Task goal: Every line below from the one containing "-- has not ended, some" to the final line must be reproduced exactly, and no other line may appear in the answer.

Data supplied:
-- ===== src/Deploy/Ending.antt =====
-- The tasks of a deployment job come to an end.
use esos_webui.Common.{
  Bool, Bool-cases, Checked-cases, List, Option-cases, String, [], ap, arith, false, inl, inr,
  is_blank, length, none, not, or_else, refl, some, str_eq, true, ℕ, ◌&&◌, ◌*◌, ◌+◌, ◌<◌, ◌==◌, ◌∷◌,
  ◌≡◌, ◌≤◌, ◌⊎◌,
}
use esos_webui.Cluster.{SanRow}
use esos_webui.Access.Middleware.{assert_san_writable}
use esos_webui.Deploy.Types.{
  InstallKind, copy_executable, unpack_rpm, perccli, DeploymentBinary, JobStatus, TargetRow, Tables,
}
use esos_webui.Deploy.Tables.{update_job_status}
use esos_webui.Deploy.Install.{install_kind, install_commands, install_output}
use esos_webui.Deploy.Runner.{
  resolved, rejected, Phase, connecting, locating, transferring, verifying, installing, ended,
  Answer, Moment, remote_hash, fail, succeed, install, log_all, begin, start_install, resume,
}
use esos_webui.Deploy.Jobs.{
  Task, begin_all, running, begin_job, Advance, here, there, Runs, started, answered, progressed,
  result_of, results,
}
use esos_webui.Deploy.Ended.{job_targets, begin_job-running}

-- The most answers that a task in a phase can take.
abbrev pub work : Phase → ℕ
work connecting = 9
work (locating path) = 8
work (transferring path) = 7
work (verifying path) = 6
work (installing kind command rest) = length rest + 1
work (ended ok) = 0

abbrev tasks_work : List Task → ℕ
tasks_work [] = 0
tasks_work (t ∷ ts) = work t.phase + tasks_work ts

module _ (binary : DeploymentBinary) (id : String) (at : Moment) where
  length-install_commands :
      (path : String) (kind : InstallKind)
      → length (install_commands at.random binary path kind) ≤ 5
  unfolding install_commands
  length-install_commands path perccli = omega arith
  length-install_commands path unpack_rpm = omega arith
  length-install_commands path copy_executable = omega arith

  work-install :
      (kind : InstallKind) (commands : List String) (db : Tables)
      → work (install binary id at kind commands db).1 ≤ length commands
  unfolding install succeed
  work-install kind [] db = omega arith
  work-install kind (command ∷ rest) db = omega arith

  work-start_install :
      (path : String) (db : Tables) → work (start_install binary id at path db).1 ≤ 5
  unfolding start_install
  work-start_install path db =
      let kind = install_kind binary in
      omega (
        arith,
        work-install kind (install_commands at.random binary path kind) _,
        length-install_commands path kind,
      )

  -- Every answer takes the task further.
  pub work-resume :
      (p : Phase) (a : Answer p) (db : Tables) → work (resume binary id at p a db).1 < work p
  unfolding resume fail
  work-resume connecting (rejected message) db = omega arith
  work-resume connecting (resolved false) db = omega arith
  work-resume connecting (resolved true) db = omega arith
  work-resume (locating path) (rejected message) db = omega arith
  work-resume (locating path) (resolved found) db =
      elim (Bool-cases (is_blank (or_else found ""))) [
        | inl e ↦ rw (resume, e) (omega arith)
        | inr e ↦ rw (resume, e) (omega arith)
      ]
  work-resume (transferring path) (rejected message) db = omega arith
  work-resume (transferring path) (resolved u) db = omega arith
  work-resume (verifying path) (rejected message) db = omega arith
  work-resume (verifying path) (resolved stdout) db =
      elim (Bool-cases
        (not (is_blank (remote_hash stdout)) && not (str_eq (remote_hash stdout) binary.sha256))) [
          | inl e ↦ rw (resume, e) (omega arith)
          | inr e ↦ rw (resume, e) (omega (arith, work-start_install path db))
        ]
  work-resume (installing kind command rest) (rejected message) db = omega arith
  work-resume (installing kind command rest) (resolved res) db =
      let after = log_all binary id at (install_output kind res) db in
      elim (Bool-cases (res.code == 0)) [
        | inl e ↦ rw (resume, e) (omega (arith, work-install kind rest after))
        | inr e ↦ rw (resume, e) (omega arith)
      ]
  work-resume (ended ok) a db = elim a [ ]

  pub work-begin :
      (sans : List SanRow) (san_id : String) (db : Tables)
      → work (begin binary id at sans san_id db).1 ≤ 9
  unfolding begin fail
  work-begin sans san_id db = elim (Checked-cases (assert_san_writable sans san_id)) [
    | inl (u, e) ↦ rw (begin, e) (omega arith)
    | inr (code, m, e) ↦ rw (begin, e) (omega arith)
  ]

module _ (binary : DeploymentBinary) where
  work-Advance :
      {db db' : Tables} {ts ts' : List Task}
      → Advance binary db ts db' ts'
      → tasks_work ts' < tasks_work ts
  work-Advance (here {db} id p at a) = omega (arith, work-resume binary id at p a db)
  work-Advance (there t step) = omega (arith, work-Advance step)

  work-Runs :
      {db : Tables} {ts : List Task} {n : ℕ} {db' : Tables} {ts' : List Task}
      → Runs binary db ts n db' ts'
      → n + tasks_work ts' ≤ tasks_work ts
  work-Runs started = omega arith
  work-Runs (answered run step) = omega (arith, work-Runs run, work-Advance step)
  work-Runs (progressed id done total run) = work-Runs run

  work-begin_all :
      (at : Moment) (sans : List SanRow) (rs : List TargetRow) (db : Tables)
      → tasks_work (begin_all binary at sans rs db).1 ≤ 9 * length rs
  unfolding begin_all
  work-begin_all at sans [] db = omega arith
  work-begin_all at sans (r ∷ rs) db = omega (
    arith,
    work-begin binary r.id at sans r.san_id db,
    work-begin_all at sans rs (begin binary r.id at sans r.san_id db).0,
  )

  -- A phase that has no result waits for an answer.
  waits : (p : Phase) → result_of p ≡ none → Answer p
  unfolding result_of
  waits connecting h = rejected ""
  waits (locating path) h = rejected ""
  waits (transferring path) h = rejected ""
  waits (verifying path) h = rejected ""
  waits (installing kind command rest) h = rejected ""
  waits (ended ok) h = absurd (cc h)

  -- The tasks of a state have all ended, or one of them can take an answer.
  abbrev pub EndedOrAdvances : Tables → List Task → Type 0
  EndedOrAdvances db ts =
      ((oks : List Bool) × (results ts ≡ some oks))
      ⊎ ((db' : Tables) × (ts' : List Task) × Advance binary db ts db' ts')

  ended_or_advances : (at : Moment) (db : Tables) (ts : List Task) → EndedOrAdvances db ts
  unfolding results
  ended_or_advances at db [] = inl ([], refl)
  ended_or_advances at db (t ∷ ts) = elim (Option-cases (result_of t.phase)) [
    | inl open_yet ↦ inr (_, _, here t.target_id t.phase at (waits t.phase open_yet))
    | inr (ok, e) ↦ elim (ended_or_advances at db ts) [
      | inl (oks, es) ↦ inl (ok ∷ oks, rw (results, e, es) refl)
      | inr (db', ts', step) ↦ inr (db', t ∷ ts', there t step)
    ]
  ]

module _ (at : Moment) (sans : List SanRow) (job_id : String) (db : Tables)
    (binary : DeploymentBinary) (db1 : Tables) (tasks : List Task)
    (begun : begin_job at sans job_id db ≡ running binary db1 tasks) (n : ℕ) (db2 : Tables)
    (ts : List Task) (run : Runs binary db1 tasks n db2 ts) where
  -- A job that has begun takes at most nine answers for each of its targets; and as long as a task
  -- has not ended, some task takes another answer, whatever the order of the answers so far.
  pub Runs-bounded : (n ≤ 9 * length (job_targets job_id db)) × EndedOrAdvances binary db2 ts
  Runs-bounded =
      let (old, stands, all_begun) = begin_job-running at sans job_id db binary db1 tasks begun in
      let rows = job_targets job_id db in
      let marked = update_job_status at.now job_id JobStatus.running db in
      let most = work-begin_all binary at sans rows marked in
      let same : tasks_work (begin_all binary at sans rows marked).1 ≡ tasks_work tasks =
        ap (λ r. tasks_work r.1) all_begun in
      (omega (arith, work-Runs binary run, most, same), ended_or_advances binary at db2 ts)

Completed task:
  -- has not ended, some task takes another answer, whatever the order of the answers so far.
  pub Runs-bounded : (n ≤ 9 * length (job_targets job_id db)) × EndedOrAdvances binary db2 ts
  Runs-bounded =
      let (old, stands, all_begun) = begin_job-running at sans job_id db binary db1 tasks begun in
      let rows = job_targets job_id db in
      let marked = update_job_status at.now job_id JobStatus.running db in
      let most = work-begin_all binary at sans rows marked in
      let same : tasks_work (begin_all binary at sans rows marked).1 ≡ tasks_work tasks =
        ap (λ r. tasks_work r.1) all_begun in
      (omega (arith, work-Runs binary run, most, same), ended_or_advances binary at db2 ts)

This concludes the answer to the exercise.